WHAT TO PRODUCE:
Somewhere below are a line with "pub max_key-above : (m" and a later line with "pub missing : Error". Output exactly those lines and all lines between them.

-------- DATA FOR THIS TASK --------

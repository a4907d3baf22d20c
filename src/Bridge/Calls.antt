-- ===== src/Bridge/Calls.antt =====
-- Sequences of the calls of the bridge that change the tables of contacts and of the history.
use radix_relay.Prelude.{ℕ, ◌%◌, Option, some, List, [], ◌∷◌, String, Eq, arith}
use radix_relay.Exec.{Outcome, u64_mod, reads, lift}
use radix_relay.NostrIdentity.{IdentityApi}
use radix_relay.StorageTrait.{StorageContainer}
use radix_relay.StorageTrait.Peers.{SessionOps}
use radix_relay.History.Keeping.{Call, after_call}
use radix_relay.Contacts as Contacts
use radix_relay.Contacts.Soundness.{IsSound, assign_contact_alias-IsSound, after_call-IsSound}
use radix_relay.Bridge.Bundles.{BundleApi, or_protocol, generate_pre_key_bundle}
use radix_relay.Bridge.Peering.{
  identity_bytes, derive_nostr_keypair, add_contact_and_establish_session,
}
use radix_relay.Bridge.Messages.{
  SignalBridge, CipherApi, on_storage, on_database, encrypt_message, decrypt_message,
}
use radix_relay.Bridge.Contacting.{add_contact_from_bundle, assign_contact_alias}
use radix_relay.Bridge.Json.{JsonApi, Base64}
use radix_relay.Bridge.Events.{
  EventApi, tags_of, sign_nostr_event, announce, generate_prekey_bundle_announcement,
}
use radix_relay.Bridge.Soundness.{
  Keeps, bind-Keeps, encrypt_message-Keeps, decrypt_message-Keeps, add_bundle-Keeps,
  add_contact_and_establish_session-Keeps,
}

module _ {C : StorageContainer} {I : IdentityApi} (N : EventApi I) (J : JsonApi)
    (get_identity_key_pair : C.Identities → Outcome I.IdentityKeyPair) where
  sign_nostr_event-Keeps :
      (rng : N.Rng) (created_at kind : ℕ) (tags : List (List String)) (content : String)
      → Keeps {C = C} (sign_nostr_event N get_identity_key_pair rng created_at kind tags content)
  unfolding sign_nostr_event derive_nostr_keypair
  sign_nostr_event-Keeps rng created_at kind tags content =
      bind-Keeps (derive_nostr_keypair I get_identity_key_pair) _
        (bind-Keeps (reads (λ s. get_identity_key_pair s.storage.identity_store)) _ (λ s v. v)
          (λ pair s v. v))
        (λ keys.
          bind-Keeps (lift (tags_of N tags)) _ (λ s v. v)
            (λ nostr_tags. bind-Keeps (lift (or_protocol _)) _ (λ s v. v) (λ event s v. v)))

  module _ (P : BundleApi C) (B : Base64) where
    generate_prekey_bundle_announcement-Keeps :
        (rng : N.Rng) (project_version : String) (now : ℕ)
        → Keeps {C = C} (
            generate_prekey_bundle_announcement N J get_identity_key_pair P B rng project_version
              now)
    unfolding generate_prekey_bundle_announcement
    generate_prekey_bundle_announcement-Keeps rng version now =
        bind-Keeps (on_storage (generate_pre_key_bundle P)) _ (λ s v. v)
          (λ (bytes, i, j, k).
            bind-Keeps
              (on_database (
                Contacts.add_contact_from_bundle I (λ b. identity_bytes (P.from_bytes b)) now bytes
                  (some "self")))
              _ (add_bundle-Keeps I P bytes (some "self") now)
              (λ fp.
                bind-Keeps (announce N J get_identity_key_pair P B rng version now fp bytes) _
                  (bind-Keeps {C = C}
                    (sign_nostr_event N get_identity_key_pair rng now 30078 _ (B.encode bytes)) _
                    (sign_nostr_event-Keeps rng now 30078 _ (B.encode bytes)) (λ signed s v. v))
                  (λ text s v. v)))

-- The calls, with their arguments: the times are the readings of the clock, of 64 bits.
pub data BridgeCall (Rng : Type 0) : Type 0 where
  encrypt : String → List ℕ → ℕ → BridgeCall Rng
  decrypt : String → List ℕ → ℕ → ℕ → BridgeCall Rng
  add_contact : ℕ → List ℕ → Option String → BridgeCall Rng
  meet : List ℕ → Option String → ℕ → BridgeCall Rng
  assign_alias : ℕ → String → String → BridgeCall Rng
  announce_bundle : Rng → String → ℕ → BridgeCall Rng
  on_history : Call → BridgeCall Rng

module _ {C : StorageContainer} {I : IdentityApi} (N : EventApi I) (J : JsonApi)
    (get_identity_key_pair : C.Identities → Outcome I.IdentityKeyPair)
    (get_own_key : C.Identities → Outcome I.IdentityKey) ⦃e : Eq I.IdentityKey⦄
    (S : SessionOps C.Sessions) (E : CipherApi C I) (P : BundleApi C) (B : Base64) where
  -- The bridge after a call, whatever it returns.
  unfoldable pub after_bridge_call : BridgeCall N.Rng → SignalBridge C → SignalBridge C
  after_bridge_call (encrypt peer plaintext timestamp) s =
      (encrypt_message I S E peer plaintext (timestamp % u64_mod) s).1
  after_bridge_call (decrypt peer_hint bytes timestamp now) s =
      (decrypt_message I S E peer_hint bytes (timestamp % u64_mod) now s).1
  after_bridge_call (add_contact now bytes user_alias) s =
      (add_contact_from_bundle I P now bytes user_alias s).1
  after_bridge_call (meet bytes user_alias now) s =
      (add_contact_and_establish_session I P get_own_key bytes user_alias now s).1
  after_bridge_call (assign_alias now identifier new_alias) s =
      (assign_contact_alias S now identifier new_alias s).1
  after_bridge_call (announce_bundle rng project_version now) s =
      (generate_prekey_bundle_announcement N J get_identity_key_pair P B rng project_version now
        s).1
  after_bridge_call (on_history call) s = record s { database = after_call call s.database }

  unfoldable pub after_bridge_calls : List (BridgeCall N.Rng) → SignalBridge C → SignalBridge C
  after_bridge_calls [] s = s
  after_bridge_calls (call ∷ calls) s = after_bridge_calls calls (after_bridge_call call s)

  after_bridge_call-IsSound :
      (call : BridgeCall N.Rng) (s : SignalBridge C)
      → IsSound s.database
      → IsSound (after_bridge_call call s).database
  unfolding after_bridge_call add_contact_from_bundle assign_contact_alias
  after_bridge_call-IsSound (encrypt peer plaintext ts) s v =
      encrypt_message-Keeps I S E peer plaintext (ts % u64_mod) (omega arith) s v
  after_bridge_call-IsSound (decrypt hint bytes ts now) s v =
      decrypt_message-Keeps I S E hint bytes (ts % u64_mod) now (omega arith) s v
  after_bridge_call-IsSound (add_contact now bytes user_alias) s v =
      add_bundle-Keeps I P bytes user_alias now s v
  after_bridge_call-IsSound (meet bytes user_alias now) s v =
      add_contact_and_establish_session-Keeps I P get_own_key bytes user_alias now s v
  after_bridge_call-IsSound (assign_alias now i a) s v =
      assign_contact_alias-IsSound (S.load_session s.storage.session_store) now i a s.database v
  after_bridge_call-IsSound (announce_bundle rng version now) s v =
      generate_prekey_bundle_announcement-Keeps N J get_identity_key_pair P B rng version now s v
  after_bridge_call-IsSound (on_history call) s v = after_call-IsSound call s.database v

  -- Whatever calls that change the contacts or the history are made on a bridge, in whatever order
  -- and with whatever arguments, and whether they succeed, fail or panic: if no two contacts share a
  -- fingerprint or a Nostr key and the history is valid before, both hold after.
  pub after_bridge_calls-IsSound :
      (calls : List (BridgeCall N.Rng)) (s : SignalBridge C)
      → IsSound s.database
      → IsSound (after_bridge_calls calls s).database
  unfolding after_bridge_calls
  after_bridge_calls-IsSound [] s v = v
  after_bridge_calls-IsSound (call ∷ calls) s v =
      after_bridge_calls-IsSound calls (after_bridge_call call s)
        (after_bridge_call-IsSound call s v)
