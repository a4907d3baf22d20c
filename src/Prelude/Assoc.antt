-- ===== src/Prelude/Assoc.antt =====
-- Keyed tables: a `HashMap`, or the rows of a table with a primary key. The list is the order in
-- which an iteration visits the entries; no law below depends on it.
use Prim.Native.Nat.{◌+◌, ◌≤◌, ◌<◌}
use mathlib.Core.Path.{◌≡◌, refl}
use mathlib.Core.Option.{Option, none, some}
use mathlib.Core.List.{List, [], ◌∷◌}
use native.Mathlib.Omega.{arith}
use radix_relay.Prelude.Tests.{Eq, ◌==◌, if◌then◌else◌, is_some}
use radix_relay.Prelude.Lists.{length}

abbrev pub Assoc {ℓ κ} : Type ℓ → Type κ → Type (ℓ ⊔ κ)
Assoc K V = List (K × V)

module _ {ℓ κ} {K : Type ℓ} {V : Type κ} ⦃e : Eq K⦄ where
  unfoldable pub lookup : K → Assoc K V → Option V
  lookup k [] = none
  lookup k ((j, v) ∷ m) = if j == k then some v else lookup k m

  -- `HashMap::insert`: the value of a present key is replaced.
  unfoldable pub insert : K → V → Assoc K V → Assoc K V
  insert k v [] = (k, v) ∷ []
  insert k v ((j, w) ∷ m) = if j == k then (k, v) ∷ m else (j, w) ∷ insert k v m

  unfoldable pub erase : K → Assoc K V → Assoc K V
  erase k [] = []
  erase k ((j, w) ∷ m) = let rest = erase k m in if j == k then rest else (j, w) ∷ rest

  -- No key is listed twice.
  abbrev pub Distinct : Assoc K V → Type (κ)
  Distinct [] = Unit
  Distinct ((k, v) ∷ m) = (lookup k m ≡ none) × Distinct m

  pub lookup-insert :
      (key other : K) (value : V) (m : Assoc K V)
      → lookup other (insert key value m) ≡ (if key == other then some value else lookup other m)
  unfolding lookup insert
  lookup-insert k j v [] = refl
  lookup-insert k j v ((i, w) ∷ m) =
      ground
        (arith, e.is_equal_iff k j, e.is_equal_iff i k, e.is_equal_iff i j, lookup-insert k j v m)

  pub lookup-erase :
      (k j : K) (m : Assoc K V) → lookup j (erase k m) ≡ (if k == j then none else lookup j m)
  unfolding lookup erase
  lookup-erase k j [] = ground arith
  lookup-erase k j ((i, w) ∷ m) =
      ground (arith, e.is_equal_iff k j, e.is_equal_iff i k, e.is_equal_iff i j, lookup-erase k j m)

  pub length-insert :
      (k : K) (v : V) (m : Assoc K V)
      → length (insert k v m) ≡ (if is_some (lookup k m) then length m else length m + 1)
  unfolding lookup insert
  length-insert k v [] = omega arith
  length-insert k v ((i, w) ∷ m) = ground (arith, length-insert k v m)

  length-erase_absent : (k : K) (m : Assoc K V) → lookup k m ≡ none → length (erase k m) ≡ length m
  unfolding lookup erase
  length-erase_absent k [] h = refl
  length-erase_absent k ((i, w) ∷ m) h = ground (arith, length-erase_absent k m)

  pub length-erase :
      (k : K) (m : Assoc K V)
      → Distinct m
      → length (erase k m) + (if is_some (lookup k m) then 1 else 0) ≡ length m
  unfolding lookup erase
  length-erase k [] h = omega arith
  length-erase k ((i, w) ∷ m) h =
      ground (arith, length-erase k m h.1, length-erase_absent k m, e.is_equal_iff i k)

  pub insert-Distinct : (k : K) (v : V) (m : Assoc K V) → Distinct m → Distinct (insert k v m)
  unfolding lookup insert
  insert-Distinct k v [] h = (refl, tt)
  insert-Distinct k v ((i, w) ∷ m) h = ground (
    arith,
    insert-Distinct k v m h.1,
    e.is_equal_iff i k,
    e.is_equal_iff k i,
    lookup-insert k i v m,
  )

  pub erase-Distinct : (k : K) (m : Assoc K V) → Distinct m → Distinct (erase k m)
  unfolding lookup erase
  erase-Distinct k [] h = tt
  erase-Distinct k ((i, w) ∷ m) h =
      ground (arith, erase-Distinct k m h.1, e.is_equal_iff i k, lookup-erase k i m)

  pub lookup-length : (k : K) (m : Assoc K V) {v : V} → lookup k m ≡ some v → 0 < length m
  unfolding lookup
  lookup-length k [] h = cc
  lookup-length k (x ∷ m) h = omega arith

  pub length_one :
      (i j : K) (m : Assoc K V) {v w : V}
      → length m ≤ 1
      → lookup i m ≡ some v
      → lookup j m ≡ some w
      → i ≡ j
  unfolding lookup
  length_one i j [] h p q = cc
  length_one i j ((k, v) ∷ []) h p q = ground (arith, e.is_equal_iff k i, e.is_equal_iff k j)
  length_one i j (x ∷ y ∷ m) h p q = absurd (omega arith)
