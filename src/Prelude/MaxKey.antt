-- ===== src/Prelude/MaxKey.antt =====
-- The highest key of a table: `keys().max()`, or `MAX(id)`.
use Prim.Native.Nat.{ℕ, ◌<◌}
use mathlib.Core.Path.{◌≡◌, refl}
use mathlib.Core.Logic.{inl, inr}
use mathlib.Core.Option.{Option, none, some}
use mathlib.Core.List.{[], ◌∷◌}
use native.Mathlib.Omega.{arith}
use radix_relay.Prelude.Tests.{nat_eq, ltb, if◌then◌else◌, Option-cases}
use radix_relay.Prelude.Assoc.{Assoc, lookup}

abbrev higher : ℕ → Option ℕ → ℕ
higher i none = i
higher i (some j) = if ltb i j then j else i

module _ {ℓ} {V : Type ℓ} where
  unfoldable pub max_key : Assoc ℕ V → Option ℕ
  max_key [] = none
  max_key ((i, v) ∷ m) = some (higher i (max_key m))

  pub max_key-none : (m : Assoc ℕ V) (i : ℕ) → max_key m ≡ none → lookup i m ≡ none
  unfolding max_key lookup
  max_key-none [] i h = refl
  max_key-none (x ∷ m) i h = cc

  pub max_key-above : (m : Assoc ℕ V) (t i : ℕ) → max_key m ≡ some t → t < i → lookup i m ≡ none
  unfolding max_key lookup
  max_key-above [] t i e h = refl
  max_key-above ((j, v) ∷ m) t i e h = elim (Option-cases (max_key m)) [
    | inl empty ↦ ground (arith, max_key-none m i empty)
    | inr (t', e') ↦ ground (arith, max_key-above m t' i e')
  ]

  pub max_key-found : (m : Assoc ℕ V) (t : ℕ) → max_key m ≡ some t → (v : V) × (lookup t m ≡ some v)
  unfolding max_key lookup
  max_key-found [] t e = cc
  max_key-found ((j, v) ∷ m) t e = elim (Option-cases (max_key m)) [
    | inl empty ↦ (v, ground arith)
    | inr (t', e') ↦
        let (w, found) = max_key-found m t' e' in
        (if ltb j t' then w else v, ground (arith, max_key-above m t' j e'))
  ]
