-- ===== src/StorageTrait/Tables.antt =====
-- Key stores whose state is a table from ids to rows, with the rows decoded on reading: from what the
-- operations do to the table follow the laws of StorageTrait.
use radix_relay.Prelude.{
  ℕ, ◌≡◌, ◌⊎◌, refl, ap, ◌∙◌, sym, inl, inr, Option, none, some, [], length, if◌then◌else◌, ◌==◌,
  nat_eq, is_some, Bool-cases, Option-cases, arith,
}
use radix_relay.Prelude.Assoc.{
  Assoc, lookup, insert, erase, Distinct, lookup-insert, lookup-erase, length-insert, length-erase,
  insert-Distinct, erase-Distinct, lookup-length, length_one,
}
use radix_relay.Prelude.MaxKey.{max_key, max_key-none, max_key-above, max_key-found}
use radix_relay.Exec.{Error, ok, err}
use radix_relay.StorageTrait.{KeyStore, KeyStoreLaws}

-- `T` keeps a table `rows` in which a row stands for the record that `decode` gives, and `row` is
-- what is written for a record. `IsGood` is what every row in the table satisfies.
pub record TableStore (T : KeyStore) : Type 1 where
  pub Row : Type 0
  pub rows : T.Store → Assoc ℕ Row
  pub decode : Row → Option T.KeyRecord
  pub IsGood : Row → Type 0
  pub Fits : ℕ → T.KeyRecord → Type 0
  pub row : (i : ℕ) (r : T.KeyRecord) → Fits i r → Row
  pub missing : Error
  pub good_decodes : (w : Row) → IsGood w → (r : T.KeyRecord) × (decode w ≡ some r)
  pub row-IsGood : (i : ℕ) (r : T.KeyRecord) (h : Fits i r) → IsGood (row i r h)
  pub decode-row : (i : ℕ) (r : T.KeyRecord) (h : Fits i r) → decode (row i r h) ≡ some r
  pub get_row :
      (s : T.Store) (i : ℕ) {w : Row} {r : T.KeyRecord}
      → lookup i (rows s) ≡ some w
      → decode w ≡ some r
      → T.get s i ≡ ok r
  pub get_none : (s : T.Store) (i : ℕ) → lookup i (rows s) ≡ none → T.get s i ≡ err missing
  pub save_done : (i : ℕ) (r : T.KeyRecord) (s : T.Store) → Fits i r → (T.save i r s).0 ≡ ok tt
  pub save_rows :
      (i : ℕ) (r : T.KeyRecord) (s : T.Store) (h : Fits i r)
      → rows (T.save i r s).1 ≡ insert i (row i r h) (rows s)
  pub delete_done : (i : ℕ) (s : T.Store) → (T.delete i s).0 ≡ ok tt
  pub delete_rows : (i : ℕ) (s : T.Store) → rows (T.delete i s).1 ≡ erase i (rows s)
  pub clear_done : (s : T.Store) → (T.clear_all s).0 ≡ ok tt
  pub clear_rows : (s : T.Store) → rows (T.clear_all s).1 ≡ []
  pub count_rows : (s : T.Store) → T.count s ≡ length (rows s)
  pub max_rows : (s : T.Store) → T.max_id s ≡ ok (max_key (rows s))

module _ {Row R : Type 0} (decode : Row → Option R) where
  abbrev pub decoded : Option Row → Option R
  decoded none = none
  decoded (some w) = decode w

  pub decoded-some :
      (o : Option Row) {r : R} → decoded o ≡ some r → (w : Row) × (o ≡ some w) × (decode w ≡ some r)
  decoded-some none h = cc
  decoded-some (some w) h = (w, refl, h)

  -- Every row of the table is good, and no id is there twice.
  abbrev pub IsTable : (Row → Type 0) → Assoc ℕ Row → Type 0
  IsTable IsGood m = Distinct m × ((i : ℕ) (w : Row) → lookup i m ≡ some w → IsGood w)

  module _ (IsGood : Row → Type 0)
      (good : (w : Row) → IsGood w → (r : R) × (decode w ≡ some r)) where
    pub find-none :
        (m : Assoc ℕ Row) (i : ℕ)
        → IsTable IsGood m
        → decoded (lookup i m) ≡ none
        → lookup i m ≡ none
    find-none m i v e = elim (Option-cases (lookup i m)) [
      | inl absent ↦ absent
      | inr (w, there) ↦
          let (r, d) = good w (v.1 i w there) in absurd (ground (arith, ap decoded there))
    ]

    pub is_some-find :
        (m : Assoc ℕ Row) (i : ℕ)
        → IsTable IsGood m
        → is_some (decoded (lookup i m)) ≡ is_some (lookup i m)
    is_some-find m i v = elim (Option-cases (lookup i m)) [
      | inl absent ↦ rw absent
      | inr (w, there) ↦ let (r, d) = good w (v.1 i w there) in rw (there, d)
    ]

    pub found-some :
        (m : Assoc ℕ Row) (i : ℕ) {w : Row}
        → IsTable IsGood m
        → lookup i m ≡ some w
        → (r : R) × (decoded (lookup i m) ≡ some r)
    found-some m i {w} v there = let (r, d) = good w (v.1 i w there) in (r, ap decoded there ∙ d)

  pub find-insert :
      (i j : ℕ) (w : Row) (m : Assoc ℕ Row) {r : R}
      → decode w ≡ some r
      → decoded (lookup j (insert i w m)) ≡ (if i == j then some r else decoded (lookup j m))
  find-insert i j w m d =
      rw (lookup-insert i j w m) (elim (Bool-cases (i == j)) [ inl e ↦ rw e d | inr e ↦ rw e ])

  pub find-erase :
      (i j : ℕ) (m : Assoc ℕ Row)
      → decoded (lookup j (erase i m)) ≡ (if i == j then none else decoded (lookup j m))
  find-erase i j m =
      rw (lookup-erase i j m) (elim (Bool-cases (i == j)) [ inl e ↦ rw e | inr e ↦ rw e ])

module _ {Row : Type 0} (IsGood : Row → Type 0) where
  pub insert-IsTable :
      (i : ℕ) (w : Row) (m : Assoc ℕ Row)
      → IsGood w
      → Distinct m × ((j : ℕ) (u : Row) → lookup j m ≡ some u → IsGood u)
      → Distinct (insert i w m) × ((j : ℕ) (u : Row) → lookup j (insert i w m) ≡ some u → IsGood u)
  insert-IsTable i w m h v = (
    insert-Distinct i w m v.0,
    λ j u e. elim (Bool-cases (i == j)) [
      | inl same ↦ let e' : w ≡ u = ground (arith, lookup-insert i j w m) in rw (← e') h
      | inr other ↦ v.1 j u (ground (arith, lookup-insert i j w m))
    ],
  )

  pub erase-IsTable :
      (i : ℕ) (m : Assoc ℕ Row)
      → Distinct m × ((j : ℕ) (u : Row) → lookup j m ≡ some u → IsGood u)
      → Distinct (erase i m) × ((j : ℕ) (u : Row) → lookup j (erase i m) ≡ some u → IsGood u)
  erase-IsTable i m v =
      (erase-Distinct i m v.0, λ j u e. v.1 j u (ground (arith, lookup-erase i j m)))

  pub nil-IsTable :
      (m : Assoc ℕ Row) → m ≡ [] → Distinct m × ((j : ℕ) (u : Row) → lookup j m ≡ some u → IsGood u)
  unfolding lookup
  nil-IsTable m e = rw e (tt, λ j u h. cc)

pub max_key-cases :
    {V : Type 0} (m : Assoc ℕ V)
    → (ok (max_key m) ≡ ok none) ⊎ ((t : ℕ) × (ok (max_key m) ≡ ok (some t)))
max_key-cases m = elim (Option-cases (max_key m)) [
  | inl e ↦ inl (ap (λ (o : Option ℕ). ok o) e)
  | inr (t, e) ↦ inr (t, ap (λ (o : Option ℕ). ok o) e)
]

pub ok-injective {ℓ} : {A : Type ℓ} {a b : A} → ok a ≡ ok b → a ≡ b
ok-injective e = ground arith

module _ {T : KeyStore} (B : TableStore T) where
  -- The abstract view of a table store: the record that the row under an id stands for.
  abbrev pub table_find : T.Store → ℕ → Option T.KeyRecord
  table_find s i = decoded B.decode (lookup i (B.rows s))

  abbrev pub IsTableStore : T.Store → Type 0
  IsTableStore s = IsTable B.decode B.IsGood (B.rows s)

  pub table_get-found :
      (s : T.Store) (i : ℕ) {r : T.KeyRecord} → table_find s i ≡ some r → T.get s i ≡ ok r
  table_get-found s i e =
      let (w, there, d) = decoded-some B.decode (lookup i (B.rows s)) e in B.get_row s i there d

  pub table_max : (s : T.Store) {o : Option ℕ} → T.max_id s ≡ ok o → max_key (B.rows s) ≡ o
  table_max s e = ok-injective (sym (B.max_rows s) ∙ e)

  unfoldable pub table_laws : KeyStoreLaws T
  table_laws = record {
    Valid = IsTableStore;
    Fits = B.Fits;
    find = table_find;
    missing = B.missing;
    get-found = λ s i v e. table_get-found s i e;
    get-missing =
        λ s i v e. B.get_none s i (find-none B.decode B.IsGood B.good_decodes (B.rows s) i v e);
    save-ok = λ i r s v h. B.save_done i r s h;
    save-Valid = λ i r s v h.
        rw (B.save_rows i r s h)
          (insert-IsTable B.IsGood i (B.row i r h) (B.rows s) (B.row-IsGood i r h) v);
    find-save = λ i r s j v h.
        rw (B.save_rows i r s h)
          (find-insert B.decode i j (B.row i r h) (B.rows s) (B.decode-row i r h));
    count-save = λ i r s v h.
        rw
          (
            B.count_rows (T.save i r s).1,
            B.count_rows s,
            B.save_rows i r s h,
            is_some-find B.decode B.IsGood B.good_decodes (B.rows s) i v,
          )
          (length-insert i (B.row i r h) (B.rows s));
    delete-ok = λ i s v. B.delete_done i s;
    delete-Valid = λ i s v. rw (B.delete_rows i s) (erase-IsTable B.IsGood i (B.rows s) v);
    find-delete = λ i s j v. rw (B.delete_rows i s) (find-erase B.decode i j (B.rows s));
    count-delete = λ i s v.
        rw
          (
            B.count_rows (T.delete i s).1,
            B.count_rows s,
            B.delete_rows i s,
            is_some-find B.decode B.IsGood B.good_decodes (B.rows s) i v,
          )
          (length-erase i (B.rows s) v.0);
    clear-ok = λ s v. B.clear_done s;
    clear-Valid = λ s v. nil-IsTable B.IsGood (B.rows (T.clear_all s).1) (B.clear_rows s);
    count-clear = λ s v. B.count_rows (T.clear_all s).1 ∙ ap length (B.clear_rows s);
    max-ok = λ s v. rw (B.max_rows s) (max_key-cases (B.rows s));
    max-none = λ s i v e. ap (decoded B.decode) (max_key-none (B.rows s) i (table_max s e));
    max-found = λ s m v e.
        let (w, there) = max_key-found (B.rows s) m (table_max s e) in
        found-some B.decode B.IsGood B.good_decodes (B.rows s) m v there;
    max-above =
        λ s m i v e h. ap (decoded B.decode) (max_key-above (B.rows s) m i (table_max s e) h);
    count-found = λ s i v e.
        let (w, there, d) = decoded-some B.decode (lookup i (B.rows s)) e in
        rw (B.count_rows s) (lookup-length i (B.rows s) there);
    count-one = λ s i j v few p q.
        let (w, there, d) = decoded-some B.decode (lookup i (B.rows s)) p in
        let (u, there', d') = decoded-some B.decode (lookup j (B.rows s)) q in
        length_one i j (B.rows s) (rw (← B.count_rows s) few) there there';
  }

--------

OUTPUT OF THE EXERCISE:
  pub max_key-above : (m : Assoc ℕ V) (t i : ℕ) → max_key m ≡ some t → t < i → lookup i m ≡ none
  unfolding max_key lookup
  max_key-above [] t i e h = refl
  max_key-above ((j, v) ∷ m) t i e h = elim (Option-cases (max_key m)) [
    | inl empty ↦ ground (arith, max_key-none m i empty)
    | inr (t', e') ↦ ground (arith, max_key-above m t' i e')
  ]

  pub max_key-found : (m : Assoc ℕ V) (t : ℕ) → max_key m ≡ some t → (v : V) × (lookup t m ≡ some v)
  unfolding max_key lookup
  max_key-found [] t e = cc
  max_key-found ((j, v) ∷ m) t e = elim (Option-cases (max_key m)) [
    | inl empty ↦ (v, ground arith)
    | inr (t', e') ↦
        let (w, found) = max_key-found m t' e' in
        (if ltb j t' then w else v, ground (arith, max_key-above m t' j e'))
  ]
-- ===== src/StorageTrait/Tables.antt =====
-- Key stores whose state is a table from ids to rows, with the rows decoded on reading: from what the
-- operations do to the table follow the laws of StorageTrait.
use radix_relay.Prelude.{
  ℕ, ◌≡◌, ◌⊎◌, refl, ap, ◌∙◌, sym, inl, inr, Option, none, some, [], length, if◌then◌else◌, ◌==◌,
  nat_eq, is_some, Bool-cases, Option-cases, arith,
}
use radix_relay.Prelude.Assoc.{
  Assoc, lookup, insert, erase, Distinct, lookup-insert, lookup-erase, length-insert, length-erase,
  insert-Distinct, erase-Distinct, lookup-length, length_one,
}
use radix_relay.Prelude.MaxKey.{max_key, max_key-none, max_key-above, max_key-found}
use radix_relay.Exec.{Error, ok, err}
use radix_relay.StorageTrait.{KeyStore, KeyStoreLaws}

-- `T` keeps a table `rows` in which a row stands for the record that `decode` gives, and `row` is
-- what is written for a record. `IsGood` is what every row in the table satisfies.
pub record TableStore (T : KeyStore) : Type 1 where
  pub Row : Type 0
  pub rows : T.Store → Assoc ℕ Row
  pub decode : Row → Option T.KeyRecord
  pub IsGood : Row → Type 0
  pub Fits : ℕ → T.KeyRecord → Type 0
  pub row : (i : ℕ) (r : T.KeyRecord) → Fits i r → Row
  pub missing : Error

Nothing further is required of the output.